The task:
Locate, in the data below, the line that contains "Respects-bind (gets (get" and the line that contains "unfolding execute_found"; reproduce exactly those two lines and every line between them, nothing more.

--- START ---

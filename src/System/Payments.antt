-- ===== src/System/Payments.antt =====
-- The calls of app/services/payment_service.py, against the invariants of both stores.
use mpesa_mcp_server.Common.{ℕ, String, ◌≡◌, refl, Option, none, some, arith}
use mpesa_mcp_server.Common.Int.{ℤ}
use mpesa_mcp_server.Common.Exec.{Result, ok, err, pure, gets}
use mpesa_mcp_server.Common.Exec.Respects.{
  Preorder, Respects, Respects-bind, Respects-pure, Respects-gets, respects_rules,
}
use mpesa_mcp_server.World.{Env, World, initiate_payment}
use mpesa_mcp_server.Audit.Quiet.{log_event-Quiet}
use mpesa_mcp_server.Safety.Policy.{PolicyDecision}
use mpesa_mcp_server.Storage.Progress as Transactions
use mpesa_mcp_server.Approvals.Progress as Approvals
use mpesa_mcp_server.Approvals.Models.{ApprovalRequest}
use mpesa_mcp_server.Approvals.Repository.{get}
use mpesa_mcp_server.Approvals.Service.{approve_request, expire_stale_approvals, is_expired}
use mpesa_mcp_server.Approvals.Answers.{ApprovalServiceResponse}
use mpesa_mcp_server.Approvals.Aside.{
  approve_request-Aside, expire_stale_approvals-Aside, create_approval_request-Aside,
}
use mpesa_mcp_server.Approvals.Calls.{expire_stale_approvals-Progress, is_expired-Quiet}
use mpesa_mcp_server.Approvals.Calls.Approving.{approve_request-Progress}
use mpesa_mcp_server.Approvals.Calls.Creating.{create_approval_request-Progress}
use mpesa_mcp_server.Payments.Providers.{PaymentRequest, PaymentInitiationResponse}
use mpesa_mcp_server.Payments.Records.{PaymentSettings, StkPush}
use mpesa_mcp_server.Payments.Service.{
  record_payment, execute_unless_existing, execute_stk_push, execute_executable,
  execute_approved_stk_push, execute_reviewed, request_approval, execute_allowed, initiate_stk_push,
  execute_current, execute_expired, execute_found, execute_approved_payment,
}
use mpesa_mcp_server.Payments.Execution.{expired_answer}
use mpesa_mcp_server.System.Both.{
  Both, Both-Preorder, quiet, aside, increment-Both, save_pending_transaction-Both,
}

module _ (env : Env) (issue_once : (i j : ℕ) → env.new_id i ≡ env.new_id j → i ≡ j) where
  instance both : Preorder (Both env)
  both = Both-Preorder env

  record_payment-Both :
      (r : PaymentRequest) (key : String) (answer : Result PaymentInitiationResponse)
      → Respects (Both env) (record_payment env r key answer)
  unfolding record_payment
  record_payment-Both r key (err exc) = search (respects_rules, increment-Both)
  record_payment-Both r key (ok response) = search (
    respects_rules,
    increment-Both,
    save_pending_transaction-Both env issue_once,
    quiet env,
    log_event-Quiet,
  )

  -- A call of the provider by itself.
  called : (r : PaymentRequest) (w : World) → Both env w (initiate_payment env r w).1
  unfolding initiate_payment
  called r w = record {
    transactions = Transactions.Progress-idle env w _ (omega arith) refl;
    approvals = Approvals.Progress-idle env w _ (omega arith) refl;
  }

  execute_unless_existing-Both :
      (r : PaymentRequest) (key : String) (existing : _)
      → Respects (Both env) (execute_unless_existing env r key existing)
  unfolding execute_unless_existing
  execute_unless_existing-Both r key (some t) = record { at = λ w. both.reflexive w }
  execute_unless_existing-Both r key none = record {
    at = λ w.
        let (answer, v) = initiate_payment env r w in
        both.transitive w v _ (called r w) ((record_payment-Both r key answer).at v);
  }

  pub execute_stk_push-Both :
      (r : PaymentRequest) (key : String) → Respects (Both env) (execute_stk_push env r key)
  unfolding execute_stk_push
  execute_stk_push-Both r key = search (respects_rules, execute_unless_existing-Both)

  execute_executable-Both :
      (x : Option (PaymentRequest × String)) → Respects (Both env) (execute_executable env x)
  unfolding execute_executable
  execute_executable-Both none = search respects_rules
  execute_executable-Both (some (r, key)) = execute_stk_push-Both r key

  execute_reviewed-Both :
      (response : ApprovalServiceResponse) (approval : Option ApprovalRequest)
      → Respects (Both env) (execute_reviewed env response approval)
  unfolding execute_reviewed execute_approved_stk_push
  execute_reviewed-Both response none = search respects_rules
  execute_reviewed-Both response (some a) = search (respects_rules, execute_executable-Both)

  module _ (settings : PaymentSettings) where
    request_approval-Both :
        (push : StkPush) (d : PolicyDecision) (p : Option String) (n : Option ℤ)
        → Respects (Both env) (request_approval env settings push d p n)
    unfolding request_approval
    request_approval-Both push d none n = search respects_rules
    request_approval-Both push d (some p) none = search respects_rules
    request_approval-Both push d (some p) (some n) = search (
      respects_rules,
      increment-Both,
      aside env,
      create_approval_request-Aside,
      create_approval_request-Progress env issue_once,
    )

    execute_allowed-Both :
        (push : StkPush) (p : Option String) (n : Option ℤ)
        → Respects (Both env) (execute_allowed env settings push p n)
    unfolding execute_allowed
    execute_allowed-Both push none n = search respects_rules
    execute_allowed-Both push (some p) none = search respects_rules
    execute_allowed-Both push (some p) (some n) = execute_stk_push-Both _ _

    pub initiate_stk_push-Both :
        (push : StkPush) → Respects (Both env) (initiate_stk_push env settings push)
    unfolding initiate_stk_push
    initiate_stk_push-Both push =
        search (respects_rules, request_approval-Both, execute_allowed-Both)

    approve_request-Both :
        (id operator_id : String)
        → Respects (Both env) (approve_request env settings.approvals id operator_id)
    approve_request-Both id operator_id =
        aside env _ (approve_request-Aside env settings.approvals id operator_id)
          (approve_request-Progress env settings.approvals id operator_id)

    pub expire_stale_approvals-Both :
        Respects (Both env) (expire_stale_approvals env settings.approvals)
    expire_stale_approvals-Both =
        aside env _ (expire_stale_approvals-Aside env settings.approvals)
          (expire_stale_approvals-Progress env settings.approvals)

    is_expired-Both :
        (a : ApprovalRequest) → Respects (Both env) (is_expired env settings.approvals a)
    is_expired-Both a = quiet env _ (is_expired-Quiet env settings.approvals a)

    execute_current-Both :
        (id operator_id : String) (a : ApprovalRequest)
        → Respects (Both env) (execute_current env settings id operator_id a)
    unfolding execute_current
    execute_current-Both id operator_id a =
        search (respects_rules, approve_request-Both, execute_reviewed-Both)

    execute_expired-Both :
        (id : String) (a : ApprovalRequest)
        → Respects (Both env) (execute_expired env settings id a)
    unfolding execute_expired
    execute_expired-Both id a = Respects-bind _ _ expire_stale_approvals-Both (λ _.
        Respects-bind (gets (get id)) (λ again. pure (expired_answer env settings a again))
          (Respects-gets (get id)) (λ again. Respects-pure (expired_answer env settings a again)))

    execute_found-Both :
        (id operator_id : String) (a : Option ApprovalRequest)
        → Respects (Both env) (execute_found env settings id operator_id a)
    unfolding execute_found
    execute_found-Both id operator_id none = search respects_rules
    execute_found-Both id operator_id (some a) =
        search (respects_rules, is_expired-Both, execute_expired-Both, execute_current-Both)

    pub execute_approved_payment-Both :
        (id operator_id : String)
        → Respects (Both env) (execute_approved_payment env settings id operator_id)
    unfolding execute_approved_payment
    execute_approved_payment-Both id operator_id = search (respects_rules, execute_found-Both)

--- END ---

Exercise response:
        Respects-bind (gets (get id)) (λ again. pure (expired_answer env settings a again))
          (Respects-gets (get id)) (λ again. Respects-pure (expired_answer env settings a again)))

    execute_found-Both :
        (id operator_id : String) (a : Option ApprovalRequest)
        → Respects (Both env) (execute_found env settings id operator_id a)
    unfolding execute_found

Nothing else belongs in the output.